We made a big switch on the food this year though. Finger food and cocktails. None of us are cocktail drinkers really so that wasn't a complete success, but Jan and I provided Kir courtesy of the neverending supply of good champagne that people give us which we don't drink because we don't like champagne. Combined that very simply with D'Arbo blackcurrant syrup rather than a liqueur. I also made Cosmopolitans - 4 parts citron vodka, 4 parts cranberry juice, 2 parts triple sec and one part lime juice - that were decent and basic on the rocks Margaritas - I don't really like the blended ones.

Finger food was another story. Pam made delightful pesto and cheese stuffed portobello mushrooms as well as crudites with various dips. I made the infamous cheese straws with dry mustard and baby calzones stuffed with green garlic, spring onion, golden chard, tomato, fresh mozzarella, marinated artichokes and chicken.

Pam also made a huge pot of corn and vegetable chowder (a cream one).

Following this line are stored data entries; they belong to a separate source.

-- ===== src/Jobs/Settled.antt =====
-- Proofs about every state that steps lead to: the rows stay coherent, and a job that is completed or
-- cancelled never changes again.
use dreamchat_image_platform.Common.{
  String, Bool, true, ◌&&◌, ◌==◌, Option, none, some, List, [], ◌∷◌, ◌≡◌, refl, All, eq_iff,
  Bool-cases, inl, inr,
}
use dreamchat_image_platform.Common.Tables.{find_row, update_row, find_row-update_row}
use dreamchat_image_platform.Assets.Supersede.{StoredAsset, ArtifactSlot}
use dreamchat_image_platform.Jobs.{
  JobStatus, queued, running, preview_ready, completed, failed, cancelled, GenerationJob, Store,
}
use dreamchat_image_platform.Jobs.Queries.{job_key, owns, lock_generation_job_row}
use dreamchat_image_platform.Jobs.Persist.{
  PersistSuccess, PersistResult, final_locked, preview_locked, final_by_status, preview_by_status,
  insert_final_asset_and_complete_job, insert_preview_asset_and_mark_preview_ready,
}
use dreamchat_image_platform.Jobs.Coherence.{IsCoherent, is_settled, Change, same, added, updated}
use dreamchat_image_platform.Jobs.Changes.{Step-Change}
use dreamchat_image_platform.Jobs.Steps.{Reach, here, next}

All-update_found :
    (P : GenerationJob → Type 0) (id : String) (j : GenerationJob)
    (set : GenerationJob → GenerationJob) (rows : List GenerationJob)
    → find_row job_key id rows ≡ some j
    → (P j → P (set j))
    → All P rows
    → All P (update_row job_key id set rows)
unfolding find_row update_row
All-update_found P id j set [] h f a = tt
All-update_found P id j set (r ∷ rows) h f a = elim (Bool-cases (r.id == id)) [
  | inl e ↦ let r≡j : r ≡ j = cc (rw (e, find_row) at h) in rw e (rw r≡j (f (rw r≡j at a.0)), a.1)
  | inr e ↦ rw e (a.0, All-update_found P id j set rows (rw (e, find_row) at h) f a.1)
]

Change-IsCoherent :
    (rows rows' : List GenerationJob)
    → Change rows rows'
    → All IsCoherent rows
    → All IsCoherent rows'
Change-IsCoherent rows rows' (same e) a = rw e a
Change-IsCoherent rows rows' (added j fresh c e) a = rw e (c, a)
Change-IsCoherent rows rows' (updated id j set found active keeps tenant c e) a =
    rw e (All-update_found IsCoherent id j set rows found c a)

-- From coherent rows, every sequence of transactions leads to coherent rows: only a completed job has
-- final assets, a job that is ready to preview has a preview, and a job has an error code exactly if it
-- failed or was cancelled.
pub Reach-IsCoherent : (s t : Store) → Reach s t → All IsCoherent s.jobs → All IsCoherent t.jobs
Reach-IsCoherent s t here a = a
Reach-IsCoherent s t (next {t = u} r step) a =
    Change-IsCoherent u.jobs t.jobs (Step-Change u t step) (Reach-IsCoherent s u r a)

Change-settled :
    (id : String) (i : GenerationJob) (rows rows' : List GenerationJob)
    → is_settled i.status ≡ true
    → Change rows rows'
    → find_row job_key id rows ≡ some i
    → find_row job_key id rows' ≡ some i
unfolding find_row
Change-settled id i rows rows' settled (same e) h = rw e h
Change-settled id i rows rows' settled (added j fresh c e) h = elim (Bool-cases (j.id == id)) [
  | inl same_id ↦ cc (rw ((eq_iff j.id id).0 same_id) at fresh)
  | inr other ↦ rw (e, other) h
]
Change-settled id i rows rows' settled (updated k j set found active keeps tenant c e) h =
    elim (Bool-cases (k == id)) [
      | inl same_id ↦
          let found' : find_row job_key id rows ≡ some j = rw ((eq_iff k id).0 same_id) at found in
          let i≡j : i ≡ j = cc in cc
      | inr other ↦ rw (e, find_row-update_row job_key id k set rows keeps, other) h
    ]

-- A job that is completed or cancelled has the same row in every state that transactions lead to.
pub Reach-settled :
    (id : String) (j : GenerationJob) (s t : Store)
    → Reach s t
    → find_row job_key id s.jobs ≡ some j
    → is_settled j.status ≡ true
    → find_row job_key id t.jobs ≡ some j
Reach-settled id j s t here found settled = found
Reach-settled id j s t (next {t = u} r step) found settled =
    Change-settled id j u.jobs t.jobs settled (Step-Change u t step)
      (Reach-settled id j s u r found settled)

-- The row that a lock without a stale reservation finds is the job's.
lock-settled :
    (id tenant : String) (reservation : Option String) (j : GenerationJob)
    (rows : List GenerationJob)
    → find_row job_key id rows ≡ some j
    → is_settled j.status ≡ true
    → (locked : GenerationJob) → lock_generation_job_row id tenant reservation rows ≡ some locked
    → is_settled locked.status ≡ true
unfolding lock_generation_job_row
lock-settled id tenant reservation j rows found settled locked h =
    elim (Bool-cases (j.tenant_id == tenant && owns reservation j)) [
      | inl passes ↦
          let e : j ≡ locked = cc (rw (found, lock_generation_job_row, passes) at h) in
          rw e at settled
      | inr fails ↦ cc (rw (found, lock_generation_job_row, fails) at h)
    ]

final_by_status-settled :
    (s : JobStatus) (output : PersistResult × Store) (st : Store)
    → is_settled s ≡ true
    → (final_by_status s output st).1 ≡ st
unfolding final_by_status
final_by_status-settled queued output st h = cc
final_by_status-settled running output st h = cc
final_by_status-settled preview_ready output st h = cc
final_by_status-settled completed output st h = refl
final_by_status-settled failed output st h = cc
final_by_status-settled cancelled output st h = refl

preview_by_status-settled :
    (s : JobStatus) (output : PersistResult × Store) (st : Store)
    → is_settled s ≡ true
    → (preview_by_status s output st).1 ≡ st
unfolding preview_by_status
preview_by_status-settled queued output st h = cc
preview_by_status-settled running output st h = cc
preview_by_status-settled preview_ready output st h = cc
preview_by_status-settled completed output st h = refl
preview_by_status-settled failed output st h = cc
preview_by_status-settled cancelled output st h = refl

final_locked-settled :
    (locked : Option GenerationJob) (reservation : Option String) (output : PersistResult × Store)
    (st : Store)
    → ((j : GenerationJob) → locked ≡ some j → is_settled j.status ≡ true)
    → (final_locked locked reservation output st).1 ≡ st
unfolding final_locked
final_locked-settled none reservation output st h = refl
final_locked-settled (some j) reservation output st h =
    final_by_status-settled j.status output st (h j refl)

preview_locked-settled :
    (locked : Option GenerationJob) (reservation : Option String) (output : PersistResult × Store)
    (st : Store)
    → ((j : GenerationJob) → locked ≡ some j → is_settled j.status ≡ true)
    → (preview_locked locked reservation output st).1 ≡ st
unfolding preview_locked
preview_locked-settled none reservation output st h = refl
preview_locked-settled (some j) reservation output st h =
    preview_by_status-settled j.status output st (h j refl)

-- Once a job is completed or cancelled, in every later state a worker's final output and its preview
-- leave the whole store as it is: no asset, no transition, no attempt and no cost event.
pub Reach-silent :
    (id : String) (j : GenerationJob) (s t : Store)
    → Reach s t
    → find_row job_key id s.jobs ≡ some j
    → is_settled j.status ≡ true
    → (tenant : String) (params : StoredAsset) (forced : Bool) (slot : ArtifactSlot)
      (success : Option PersistSuccess) (reservation : Option String)
    → ((insert_final_asset_and_complete_job id tenant params forced slot success reservation t).1
        ≡ t)
      × ((insert_preview_asset_and_mark_preview_ready id tenant params success reservation t).1 ≡ t)
unfolding insert_final_asset_and_complete_job insert_preview_asset_and_mark_preview_ready
Reach-silent id j s t r found settled tenant params forced slot success reservation =
    let later = Reach-settled id j s t r found settled in
    let locked = lock-settled id tenant reservation j t.jobs later settled in
    (final_locked-settled _ reservation _ t locked, preview_locked-settled _ reservation _ t locked)
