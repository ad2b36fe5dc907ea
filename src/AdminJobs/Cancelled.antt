-- ===== src/AdminJobs/Cancelled.antt =====
-- Proofs about CancelJob: what it leaves, that it is idempotent, that no output follows it, and that it
-- keeps the budgets.
use dreamchat_image_platform.Common.{
  String, Bool, true, Option, none, some, List, ◌≡◌, refl, inl, inr, Option-cases, eq_refl, ap, sym,
  subst,
}
use dreamchat_image_platform.Common.Tables.{find_row, find_row-update_row}
use dreamchat_image_platform.Cost.{Db}
use dreamchat_image_platform.Cost.Conservation.{IsValid}
use dreamchat_image_platform.Cost.Lifecycle.{release}
use dreamchat_image_platform.Cost.Settling.{finalize-IsValid}
use dreamchat_image_platform.Cost.Once.{finalize_twice}
use dreamchat_image_platform.Jobs.{
  JobStatus, queued, running, preview_ready, completed, failed, cancelled, GenerationJob, Store,
  is_live,
}
use dreamchat_image_platform.Assets.Supersede.{StoredAsset, ArtifactSlot}
use dreamchat_image_platform.Jobs.Persist.{
  PersistSuccess, insert_final_asset_and_complete_job, insert_preview_asset_and_mark_preview_ready,
}
use dreamchat_image_platform.Jobs.Queries.{
  job_key, lock_generation_job, cancel_generation_job, set_cancelled,
}
use dreamchat_image_platform.Jobs.Coherence.{update_job-some, lock_generation_job-some}
use dreamchat_image_platform.Jobs.Settled.{Reach-silent}
use dreamchat_image_platform.Jobs.Steps.{admin_cancelled, Reach, here, next}
use dreamchat_image_platform.AdminJobs.{
  World, done, refused, not_found, cancel_message, cancel_live, cancel_by_status, cancel_locked,
  cancel_job, release_in_tx,
}

module _ (P : World → Type 0) (tenant job : String) (w : World) where
  -- What holds before, after a release alone, and after a cancel of a live job, holds after CancelJob.
  cancel_by_status-either :
      (s : JobStatus)
      → P w
      → P (record w { db = release_in_tx job w.db })
      → (is_live s ≡ true → P (cancel_live s tenant job w).1)
      → P (cancel_by_status s tenant job w).1
  unfolding cancel_by_status
  cancel_by_status-either queued kept freed live = live refl
  cancel_by_status-either running kept freed live = live refl
  cancel_by_status-either preview_ready kept freed live = live refl
  cancel_by_status-either completed kept freed live = kept
  cancel_by_status-either failed kept freed live = kept
  cancel_by_status-either cancelled kept freed live = freed

  cancel_locked-either :
      (locked : Option JobStatus)
      → P w
      → P (record w { db = release_in_tx job w.db })
      → ((s : JobStatus) → locked ≡ some s → is_live s ≡ true → P (cancel_live s tenant job w).1)
      → P (cancel_locked locked tenant job w).1
  unfolding cancel_locked
  cancel_locked-either none kept freed live = kept
  cancel_locked-either (some s) kept freed live = cancel_by_status-either s kept freed (live s refl)

-- To the tables of the jobs, CancelJob is a step of the jobs' life or nothing.
pub cancel_job-Reach :
    (tenant job : String) (w : World) → Reach w.store (cancel_job tenant job w).1.store
unfolding cancel_job cancel_live
cancel_job-Reach tenant job w =
    cancel_locked-either (λ v. Reach w.store v.store) tenant job w
      (lock_generation_job job tenant w.store.jobs) here here
      (λ s locked live.
        elim (Option-cases (cancel_generation_job job tenant (cancel_message s) w.store.jobs)) [
          | inl e ↦ rw (e, cancel_live) here
          | inr (jobs, e) ↦
              rw (e, cancel_live)
                (next here
                  (admin_cancelled job tenant (cancel_message s) s jobs locked live e refl))
        ])

-- CancelJob keeps the budgets: the reserved amount of each stays the sum of its open holds.
pub cancel_job-IsValid :
    (tenant job : String) (w : World) → IsValid w.db → IsValid (cancel_job tenant job w).1.db
unfolding cancel_job cancel_live
cancel_job-IsValid tenant job w v =
    cancel_locked-either (λ u. IsValid u.db) tenant job w
      (lock_generation_job job tenant w.store.jobs) v (finalize-IsValid release job "" w.db v)
      (λ s locked live.
        elim (Option-cases (cancel_generation_job job tenant (cancel_message s) w.store.jobs)) [
          | inl e ↦ rw (e, cancel_live) v
          | inr (jobs, e) ↦ rw (e, cancel_live) (finalize-IsValid release job "" w.db v)
        ])

lock-cancelled :
    (tenant job message : String) (rows rows' : List GenerationJob)
    → cancel_generation_job job tenant message rows ≡ some rows'
    → (lock_generation_job job tenant rows' ≡ some cancelled)
      × (j : GenerationJob) × (find_row job_key job rows' ≡ some j)
      × (j.status ≡ cancelled)
unfolding cancel_generation_job lock_generation_job
lock-cancelled tenant job message rows rows' h =
    let (j, found, of_tenant, _, e) =
      update_job-some (λ _. true) (set_cancelled message) job tenant rows rows' h in
    let after : find_row job_key job rows' ≡ some (set_cancelled message j) =
      rw
        (
          e,
          find_row-update_row job_key job job (set_cancelled message) rows (λ i. refl),
          eq_refl job,
          found,
        )
        refl in
    (
      rw (after, lock_generation_job, of_tenant, eq_refl tenant) refl,
      set_cancelled message j,
      after,
      refl,
    )

-- A job that is already cancelled, and whose reservation has been released.
cancel_job_again :
    (tenant job : String) (w : World) (db : Db)
    → lock_generation_job job tenant w.store.jobs ≡ some cancelled
    → w.db ≡ release_in_tx job db
    → cancel_job tenant job w ≡ (done, w)
unfolding cancel_job cancel_locked cancel_by_status
cancel_job_again tenant job w db locked e =
    let freed : release_in_tx job w.db ≡ w.db = rw e (finalize_twice release release job "" db) in
    rw (locked, cancel_job) (ap (λ d. (done, record w { db = d })) freed)

cancel_live_again :
    (s : JobStatus) (tenant job : String) (w : World)
    → cancel_job tenant job w ≡ cancel_live s tenant job w
    → cancel_job tenant job (cancel_live s tenant job w).1 ≡ cancel_live s tenant job w
unfolding cancel_live
cancel_live_again s tenant job w same =
    elim (Option-cases (cancel_generation_job job tenant (cancel_message s) w.store.jobs)) [
      | inl e ↦ rw (e, cancel_live) (rw (e, cancel_live) at same)
      | inr (jobs, e) ↦
          rw (e, cancel_live)
            (cancel_job_again tenant job _ w.db
              (lock-cancelled tenant job (cancel_message s) w.store.jobs jobs e).0 refl)
    ]

cancel_by_status_again :
    (s : JobStatus) (tenant job : String) (w : World)
    → lock_generation_job job tenant w.store.jobs ≡ some s
    → cancel_job tenant job w ≡ cancel_by_status s tenant job w
    → cancel_job tenant job (cancel_by_status s tenant job w).1 ≡ cancel_by_status s tenant job w
unfolding cancel_by_status
cancel_by_status_again queued tenant job w locked same = cancel_live_again queued tenant job w same
cancel_by_status_again running tenant job w locked same =
    cancel_live_again running tenant job w same
cancel_by_status_again preview_ready tenant job w locked same =
    cancel_live_again preview_ready tenant job w same
cancel_by_status_again completed tenant job w locked same = same
cancel_by_status_again failed tenant job w locked same = same
cancel_by_status_again cancelled tenant job w locked same =
    cancel_job_again tenant job (record w { db = release_in_tx job w.db }) w.db locked refl

-- Cancelling a job a second time changes nothing and answers the same: no table of the jobs, no pack and
-- no budget, whatever the first answer was.
pub cancel_job_twice :
    (tenant job : String) (w : World)
    → cancel_job tenant job (cancel_job tenant job w).1 ≡ cancel_job tenant job w
unfolding cancel_job cancel_locked
cancel_job_twice tenant job w = elim (Option-cases (lock_generation_job job tenant w.store.jobs)) [
  | inl e ↦
      let once : cancel_job tenant job w ≡ (refused not_found, w) = rw (e, cancel_job) refl in
      subst (λ r. cancel_job tenant job r.1 ≡ r) (sym once) once
  | inr (s, e) ↦
      let once : cancel_job tenant job w ≡ cancel_by_status s tenant job w =
        rw (e, cancel_job) refl in
      subst (λ r. cancel_job tenant job r.1 ≡ r) (sym once)
        (cancel_by_status_again s tenant job w e once)
]

-- The row of the job is cancelled.
abbrev pub IsCancelled : String → Store → Type 0
IsCancelled job st =
    (j : GenerationJob) × (find_row job_key job st.jobs ≡ some j) × (j.status ≡ cancelled)

cancel_live-IsCancelled :
    (s : JobStatus) (tenant job : String) (w : World)
    → (cancel_live s tenant job w).0 ≡ done
    → IsCancelled job (cancel_live s tenant job w).1.store
unfolding cancel_live
cancel_live-IsCancelled s tenant job w h =
    elim (Option-cases (cancel_generation_job job tenant (cancel_message s) w.store.jobs)) [
      | inl e ↦ cc (rw (e, cancel_live) at h)
      | inr (jobs, e) ↦
          let (_, j, found, status) =
            lock-cancelled tenant job (cancel_message s) w.store.jobs jobs e in
          rw (e, cancel_live) (j, found, status)
    ]

cancel_by_status-IsCancelled :
    (s : JobStatus) (tenant job : String) (w : World)
    → lock_generation_job job tenant w.store.jobs ≡ some s
    → (cancel_by_status s tenant job w).0 ≡ done
    → IsCancelled job (cancel_by_status s tenant job w).1.store
unfolding cancel_by_status
cancel_by_status-IsCancelled queued tenant job w locked h =
    cancel_live-IsCancelled queued tenant job w h
cancel_by_status-IsCancelled running tenant job w locked h =
    cancel_live-IsCancelled running tenant job w h
cancel_by_status-IsCancelled preview_ready tenant job w locked h =
    cancel_live-IsCancelled preview_ready tenant job w h
cancel_by_status-IsCancelled completed tenant job w locked h = cc
cancel_by_status-IsCancelled failed tenant job w locked h = cc
cancel_by_status-IsCancelled cancelled tenant job w locked h =
    lock_generation_job-some job tenant cancelled w.store.jobs locked

cancel_job-IsCancelled :
    (tenant job : String) (w : World)
    → (cancel_job tenant job w).0 ≡ done
    → IsCancelled job (cancel_job tenant job w).1.store
unfolding cancel_job cancel_locked
cancel_job-IsCancelled tenant job w h =
    elim (Option-cases (lock_generation_job job tenant w.store.jobs)) [
      | inl e ↦ cc (rw (e, cancel_job) at h)
      | inr (s, e) ↦
          rw (e, cancel_job)
            (cancel_by_status-IsCancelled s tenant job w e (rw (e, cancel_job) at h))
    ]

-- After a cancel that succeeds, whatever transactions follow, a worker's final output and its preview for
-- the job leave the store as it is.
pub cancel_job-silent :
    (tenant job : String) (w : World) (t : Store)
    → (cancel_job tenant job w).0 ≡ done
    → Reach (cancel_job tenant job w).1.store t
    → (params : StoredAsset) (forced : Bool) (slot : ArtifactSlot) (success : Option PersistSuccess)
      (reservation : Option String)
    → ((insert_final_asset_and_complete_job job tenant params forced slot success reservation t).1
        ≡ t)
      × ((insert_preview_asset_and_mark_preview_ready job tenant params success reservation t).1
          ≡ t)
cancel_job-silent tenant job w t h r params forced slot success reservation =
    let (j, found, e) = cancel_job-IsCancelled tenant job w h in
    Reach-silent job j (cancel_job tenant job w).1.store t r found (rw e refl) tenant params forced
      slot success reservation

Desserts were too varied to even recall. My contribution was one of the first pastry dishes I have ever made up on the fly - and it worked! Completely. Basically a sweet tart with a fluffy almond and orange filling and a lemon-vanilla crust. I am going to put down the basic measurements for the filling before I forget them and I'll reconstruct the full recipe in a later post. Two cups of finely ground almonds (almond flour), 6 ounces of mascarpone, a cup of sugar, two eggs, a teaspoon of orange oil and an orange very very thinly sliced into slices, then quarters. Lighten with two thoroughly beaten egg whites.

There - that should do to refresh my memory later.

I also taught Grace to make basic crepes this weekend - not the true buckwheat kind, but the plain kind. This will serve to remind me to put that recipe and some of my popular filling recipes up here as well.

Kudos to Tim Robbins and the maker of Chernobyl Hearts and a few others for the courage to actually bring real issues from their work a few moments in the limelight.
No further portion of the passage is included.